Exercise: In the data below, find every line with the word "Copier" and copy it out.

Excerpts from a dataset:
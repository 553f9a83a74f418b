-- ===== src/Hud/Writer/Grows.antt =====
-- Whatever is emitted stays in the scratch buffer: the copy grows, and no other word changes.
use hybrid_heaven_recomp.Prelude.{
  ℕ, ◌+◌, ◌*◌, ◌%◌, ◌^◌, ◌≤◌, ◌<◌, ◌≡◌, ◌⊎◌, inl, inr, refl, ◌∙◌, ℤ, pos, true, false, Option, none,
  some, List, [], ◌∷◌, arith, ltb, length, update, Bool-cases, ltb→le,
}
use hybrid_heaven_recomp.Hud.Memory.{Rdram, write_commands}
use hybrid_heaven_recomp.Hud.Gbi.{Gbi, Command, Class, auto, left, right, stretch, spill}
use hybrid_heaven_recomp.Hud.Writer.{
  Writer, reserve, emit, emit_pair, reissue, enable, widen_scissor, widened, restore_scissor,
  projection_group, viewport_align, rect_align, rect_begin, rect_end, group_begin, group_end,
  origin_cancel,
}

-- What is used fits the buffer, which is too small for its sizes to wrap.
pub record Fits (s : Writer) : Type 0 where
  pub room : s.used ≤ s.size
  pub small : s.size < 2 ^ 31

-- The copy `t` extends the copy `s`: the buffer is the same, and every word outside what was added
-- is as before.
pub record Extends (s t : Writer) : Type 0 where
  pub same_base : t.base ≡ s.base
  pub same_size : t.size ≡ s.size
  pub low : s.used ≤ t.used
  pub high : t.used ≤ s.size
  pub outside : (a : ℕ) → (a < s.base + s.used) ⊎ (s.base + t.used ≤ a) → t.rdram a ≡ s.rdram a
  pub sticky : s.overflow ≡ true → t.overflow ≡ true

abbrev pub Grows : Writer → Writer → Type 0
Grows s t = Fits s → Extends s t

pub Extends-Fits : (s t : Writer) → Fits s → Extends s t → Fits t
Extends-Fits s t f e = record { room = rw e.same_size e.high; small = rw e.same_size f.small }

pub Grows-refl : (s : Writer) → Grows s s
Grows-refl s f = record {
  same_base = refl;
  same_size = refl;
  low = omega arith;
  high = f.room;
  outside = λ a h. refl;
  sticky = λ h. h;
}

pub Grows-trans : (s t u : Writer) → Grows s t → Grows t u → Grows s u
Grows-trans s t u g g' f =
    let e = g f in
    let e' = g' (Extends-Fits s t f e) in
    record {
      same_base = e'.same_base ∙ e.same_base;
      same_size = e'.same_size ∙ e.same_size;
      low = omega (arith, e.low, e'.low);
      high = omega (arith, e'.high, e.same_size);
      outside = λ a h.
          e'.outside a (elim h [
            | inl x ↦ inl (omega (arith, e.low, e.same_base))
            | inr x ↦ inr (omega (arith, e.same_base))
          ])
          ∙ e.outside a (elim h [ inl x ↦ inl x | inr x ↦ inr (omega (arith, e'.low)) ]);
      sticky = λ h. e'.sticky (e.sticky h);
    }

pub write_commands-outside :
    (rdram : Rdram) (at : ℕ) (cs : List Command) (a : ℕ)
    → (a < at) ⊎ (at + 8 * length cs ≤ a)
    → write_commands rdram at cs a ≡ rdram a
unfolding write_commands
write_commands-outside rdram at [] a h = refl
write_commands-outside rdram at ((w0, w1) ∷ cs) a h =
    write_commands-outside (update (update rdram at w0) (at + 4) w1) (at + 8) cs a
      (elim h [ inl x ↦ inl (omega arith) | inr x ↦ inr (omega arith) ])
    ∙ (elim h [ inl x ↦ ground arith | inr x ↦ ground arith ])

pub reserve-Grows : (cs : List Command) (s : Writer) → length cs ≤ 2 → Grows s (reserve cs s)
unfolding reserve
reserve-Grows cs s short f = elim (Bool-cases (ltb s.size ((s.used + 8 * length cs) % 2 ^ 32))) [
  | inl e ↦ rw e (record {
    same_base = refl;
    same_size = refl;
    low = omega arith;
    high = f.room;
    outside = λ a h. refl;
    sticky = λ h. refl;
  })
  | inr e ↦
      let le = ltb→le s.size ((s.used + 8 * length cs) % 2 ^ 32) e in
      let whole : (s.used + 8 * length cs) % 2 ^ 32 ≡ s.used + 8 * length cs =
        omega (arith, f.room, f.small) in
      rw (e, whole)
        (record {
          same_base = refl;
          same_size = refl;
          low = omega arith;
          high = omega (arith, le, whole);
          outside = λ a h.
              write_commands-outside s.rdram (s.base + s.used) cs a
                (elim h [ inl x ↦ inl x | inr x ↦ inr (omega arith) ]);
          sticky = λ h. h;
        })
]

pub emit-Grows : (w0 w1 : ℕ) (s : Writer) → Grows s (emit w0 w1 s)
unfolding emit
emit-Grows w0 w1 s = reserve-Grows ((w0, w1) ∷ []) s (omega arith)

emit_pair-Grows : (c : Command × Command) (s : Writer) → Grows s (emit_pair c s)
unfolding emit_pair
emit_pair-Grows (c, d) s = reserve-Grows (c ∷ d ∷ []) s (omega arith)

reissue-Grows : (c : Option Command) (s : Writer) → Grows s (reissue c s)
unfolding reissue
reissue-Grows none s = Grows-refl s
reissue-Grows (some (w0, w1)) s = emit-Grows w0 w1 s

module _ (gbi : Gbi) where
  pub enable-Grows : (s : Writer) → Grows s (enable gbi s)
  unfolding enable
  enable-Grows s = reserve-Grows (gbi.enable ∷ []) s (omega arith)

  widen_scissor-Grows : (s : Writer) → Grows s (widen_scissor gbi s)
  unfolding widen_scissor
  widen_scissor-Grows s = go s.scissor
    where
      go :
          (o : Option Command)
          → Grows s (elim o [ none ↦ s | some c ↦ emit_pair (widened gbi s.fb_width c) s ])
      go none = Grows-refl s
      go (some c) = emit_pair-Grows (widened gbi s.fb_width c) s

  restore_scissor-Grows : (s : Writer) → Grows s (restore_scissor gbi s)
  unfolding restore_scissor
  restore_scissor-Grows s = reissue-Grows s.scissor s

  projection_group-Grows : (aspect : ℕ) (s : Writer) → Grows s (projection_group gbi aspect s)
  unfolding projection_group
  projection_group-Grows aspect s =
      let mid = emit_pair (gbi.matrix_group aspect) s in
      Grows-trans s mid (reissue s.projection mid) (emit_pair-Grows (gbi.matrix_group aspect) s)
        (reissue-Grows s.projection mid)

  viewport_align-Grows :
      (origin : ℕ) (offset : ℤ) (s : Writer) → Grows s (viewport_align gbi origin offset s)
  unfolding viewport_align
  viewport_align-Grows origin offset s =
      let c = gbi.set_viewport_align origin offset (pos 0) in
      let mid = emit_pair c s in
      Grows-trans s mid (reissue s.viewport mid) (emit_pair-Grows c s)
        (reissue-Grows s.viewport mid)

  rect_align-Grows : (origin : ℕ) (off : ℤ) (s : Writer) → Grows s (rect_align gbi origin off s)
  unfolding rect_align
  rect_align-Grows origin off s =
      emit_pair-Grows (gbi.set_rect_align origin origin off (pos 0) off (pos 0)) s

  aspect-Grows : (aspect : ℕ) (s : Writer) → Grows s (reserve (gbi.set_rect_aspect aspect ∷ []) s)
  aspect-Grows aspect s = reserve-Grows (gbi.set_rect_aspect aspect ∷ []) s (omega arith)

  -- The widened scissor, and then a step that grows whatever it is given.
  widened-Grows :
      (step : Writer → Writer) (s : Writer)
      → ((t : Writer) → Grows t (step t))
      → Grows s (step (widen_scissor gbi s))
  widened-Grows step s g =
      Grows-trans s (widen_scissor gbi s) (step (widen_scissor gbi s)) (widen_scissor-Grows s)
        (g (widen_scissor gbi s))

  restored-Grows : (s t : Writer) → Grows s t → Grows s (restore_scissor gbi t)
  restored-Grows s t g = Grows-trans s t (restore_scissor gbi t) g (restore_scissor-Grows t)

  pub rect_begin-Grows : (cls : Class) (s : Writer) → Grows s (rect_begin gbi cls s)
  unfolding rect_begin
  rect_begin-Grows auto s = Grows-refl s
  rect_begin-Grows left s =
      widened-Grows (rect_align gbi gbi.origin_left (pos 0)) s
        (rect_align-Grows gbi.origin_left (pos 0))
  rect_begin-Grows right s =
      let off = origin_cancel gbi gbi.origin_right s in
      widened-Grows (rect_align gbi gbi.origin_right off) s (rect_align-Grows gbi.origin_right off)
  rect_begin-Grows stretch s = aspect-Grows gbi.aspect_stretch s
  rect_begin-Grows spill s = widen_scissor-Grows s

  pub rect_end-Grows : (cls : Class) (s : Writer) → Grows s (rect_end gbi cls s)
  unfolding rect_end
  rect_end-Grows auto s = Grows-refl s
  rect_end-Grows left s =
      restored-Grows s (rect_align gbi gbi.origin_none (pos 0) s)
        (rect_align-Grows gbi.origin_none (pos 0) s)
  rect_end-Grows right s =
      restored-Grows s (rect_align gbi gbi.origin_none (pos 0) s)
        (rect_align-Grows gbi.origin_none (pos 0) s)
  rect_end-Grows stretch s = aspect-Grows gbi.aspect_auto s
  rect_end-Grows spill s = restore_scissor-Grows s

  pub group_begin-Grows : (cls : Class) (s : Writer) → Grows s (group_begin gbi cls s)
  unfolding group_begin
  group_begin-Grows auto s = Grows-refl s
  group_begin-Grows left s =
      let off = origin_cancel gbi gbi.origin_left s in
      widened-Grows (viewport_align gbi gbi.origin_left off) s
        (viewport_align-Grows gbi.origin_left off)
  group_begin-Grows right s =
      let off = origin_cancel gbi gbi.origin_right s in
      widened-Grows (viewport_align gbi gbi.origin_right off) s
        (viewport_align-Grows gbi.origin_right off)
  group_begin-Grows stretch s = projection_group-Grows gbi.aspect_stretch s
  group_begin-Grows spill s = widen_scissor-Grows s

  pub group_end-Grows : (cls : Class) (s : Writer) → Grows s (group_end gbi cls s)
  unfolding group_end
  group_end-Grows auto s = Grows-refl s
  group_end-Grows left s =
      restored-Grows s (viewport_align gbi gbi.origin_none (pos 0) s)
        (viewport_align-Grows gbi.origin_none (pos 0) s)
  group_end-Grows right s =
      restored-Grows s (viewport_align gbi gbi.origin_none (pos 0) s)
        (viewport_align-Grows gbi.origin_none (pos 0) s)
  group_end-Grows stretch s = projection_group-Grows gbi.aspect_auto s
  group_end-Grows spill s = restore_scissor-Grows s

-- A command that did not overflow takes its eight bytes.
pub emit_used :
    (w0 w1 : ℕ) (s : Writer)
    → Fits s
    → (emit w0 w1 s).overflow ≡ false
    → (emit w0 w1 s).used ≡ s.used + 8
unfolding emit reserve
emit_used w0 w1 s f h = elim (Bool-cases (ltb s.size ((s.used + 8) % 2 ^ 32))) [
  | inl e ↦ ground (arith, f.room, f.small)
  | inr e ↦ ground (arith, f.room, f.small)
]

--

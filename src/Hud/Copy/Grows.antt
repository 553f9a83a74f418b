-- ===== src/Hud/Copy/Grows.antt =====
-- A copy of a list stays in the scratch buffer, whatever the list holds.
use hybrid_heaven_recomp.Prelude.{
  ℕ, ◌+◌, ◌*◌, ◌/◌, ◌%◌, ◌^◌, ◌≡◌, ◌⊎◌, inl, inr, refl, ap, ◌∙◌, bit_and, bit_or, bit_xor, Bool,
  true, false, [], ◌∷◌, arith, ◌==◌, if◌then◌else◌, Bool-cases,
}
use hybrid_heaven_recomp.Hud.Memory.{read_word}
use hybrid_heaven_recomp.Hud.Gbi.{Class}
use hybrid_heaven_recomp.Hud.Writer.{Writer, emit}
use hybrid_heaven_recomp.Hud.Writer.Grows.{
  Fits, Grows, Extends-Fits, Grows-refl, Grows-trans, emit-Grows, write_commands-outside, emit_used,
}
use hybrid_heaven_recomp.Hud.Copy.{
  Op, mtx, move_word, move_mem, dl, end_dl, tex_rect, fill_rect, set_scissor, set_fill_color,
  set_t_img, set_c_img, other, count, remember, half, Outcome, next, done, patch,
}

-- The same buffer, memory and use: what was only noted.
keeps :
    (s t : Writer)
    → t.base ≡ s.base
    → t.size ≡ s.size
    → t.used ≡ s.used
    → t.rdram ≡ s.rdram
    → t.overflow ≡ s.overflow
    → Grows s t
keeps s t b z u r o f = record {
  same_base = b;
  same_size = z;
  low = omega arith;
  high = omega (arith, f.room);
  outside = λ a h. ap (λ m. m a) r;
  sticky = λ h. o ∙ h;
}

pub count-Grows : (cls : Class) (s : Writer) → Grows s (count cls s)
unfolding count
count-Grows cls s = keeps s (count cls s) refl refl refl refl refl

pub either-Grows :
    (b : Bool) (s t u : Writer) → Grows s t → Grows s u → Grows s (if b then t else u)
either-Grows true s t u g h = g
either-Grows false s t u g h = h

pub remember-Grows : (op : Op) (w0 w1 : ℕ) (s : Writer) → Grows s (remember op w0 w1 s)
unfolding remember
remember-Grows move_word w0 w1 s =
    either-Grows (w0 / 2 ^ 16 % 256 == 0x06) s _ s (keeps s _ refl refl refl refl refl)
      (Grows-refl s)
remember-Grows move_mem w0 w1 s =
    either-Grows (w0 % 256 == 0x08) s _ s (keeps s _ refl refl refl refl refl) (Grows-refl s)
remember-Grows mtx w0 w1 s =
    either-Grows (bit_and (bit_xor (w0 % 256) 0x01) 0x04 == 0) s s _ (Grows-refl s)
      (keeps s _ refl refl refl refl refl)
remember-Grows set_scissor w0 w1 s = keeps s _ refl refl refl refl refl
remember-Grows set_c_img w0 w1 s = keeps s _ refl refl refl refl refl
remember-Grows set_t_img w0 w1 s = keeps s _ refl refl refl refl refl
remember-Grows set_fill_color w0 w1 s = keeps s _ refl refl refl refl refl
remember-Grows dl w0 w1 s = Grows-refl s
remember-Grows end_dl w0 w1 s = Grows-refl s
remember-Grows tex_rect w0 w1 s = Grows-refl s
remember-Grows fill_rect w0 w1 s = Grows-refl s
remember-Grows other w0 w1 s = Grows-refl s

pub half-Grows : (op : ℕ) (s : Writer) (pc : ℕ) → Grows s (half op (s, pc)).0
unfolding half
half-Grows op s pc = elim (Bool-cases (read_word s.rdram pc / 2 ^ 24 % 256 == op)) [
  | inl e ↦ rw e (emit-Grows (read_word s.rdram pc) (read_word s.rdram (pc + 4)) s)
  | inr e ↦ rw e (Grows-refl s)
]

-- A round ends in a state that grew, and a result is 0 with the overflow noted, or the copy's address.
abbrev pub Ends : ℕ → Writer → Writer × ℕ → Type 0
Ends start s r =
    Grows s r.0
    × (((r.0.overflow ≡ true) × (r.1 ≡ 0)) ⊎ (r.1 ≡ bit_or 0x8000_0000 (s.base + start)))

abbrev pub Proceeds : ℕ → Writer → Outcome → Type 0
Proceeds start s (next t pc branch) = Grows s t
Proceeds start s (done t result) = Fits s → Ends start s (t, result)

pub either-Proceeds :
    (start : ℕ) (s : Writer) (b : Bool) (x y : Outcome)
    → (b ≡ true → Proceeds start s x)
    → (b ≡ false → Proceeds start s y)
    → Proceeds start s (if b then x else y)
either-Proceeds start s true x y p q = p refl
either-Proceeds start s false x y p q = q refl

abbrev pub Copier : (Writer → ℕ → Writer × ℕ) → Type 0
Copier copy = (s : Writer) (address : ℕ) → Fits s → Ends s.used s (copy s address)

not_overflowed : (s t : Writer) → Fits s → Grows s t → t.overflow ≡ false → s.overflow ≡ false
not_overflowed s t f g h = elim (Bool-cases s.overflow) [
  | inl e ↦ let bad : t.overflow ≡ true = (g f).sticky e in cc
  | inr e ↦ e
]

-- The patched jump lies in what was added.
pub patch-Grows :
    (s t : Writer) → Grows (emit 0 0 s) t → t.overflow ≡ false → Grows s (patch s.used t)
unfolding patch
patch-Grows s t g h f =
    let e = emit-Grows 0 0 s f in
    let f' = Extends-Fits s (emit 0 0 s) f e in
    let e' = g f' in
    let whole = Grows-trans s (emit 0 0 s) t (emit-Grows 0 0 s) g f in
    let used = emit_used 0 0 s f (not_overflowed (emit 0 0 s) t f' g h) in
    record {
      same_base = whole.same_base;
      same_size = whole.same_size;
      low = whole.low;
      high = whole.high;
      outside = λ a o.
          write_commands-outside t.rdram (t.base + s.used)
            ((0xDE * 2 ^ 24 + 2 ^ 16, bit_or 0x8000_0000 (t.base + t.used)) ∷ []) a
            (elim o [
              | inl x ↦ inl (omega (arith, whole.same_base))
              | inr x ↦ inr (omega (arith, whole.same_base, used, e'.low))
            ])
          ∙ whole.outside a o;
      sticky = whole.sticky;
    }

Solved exercise:
abbrev pub Copier : (Writer → ℕ → Writer × ℕ) → Type 0
Copier copy = (s : Writer) (address : ℕ) → Fits s → Ends s.used s (copy s address)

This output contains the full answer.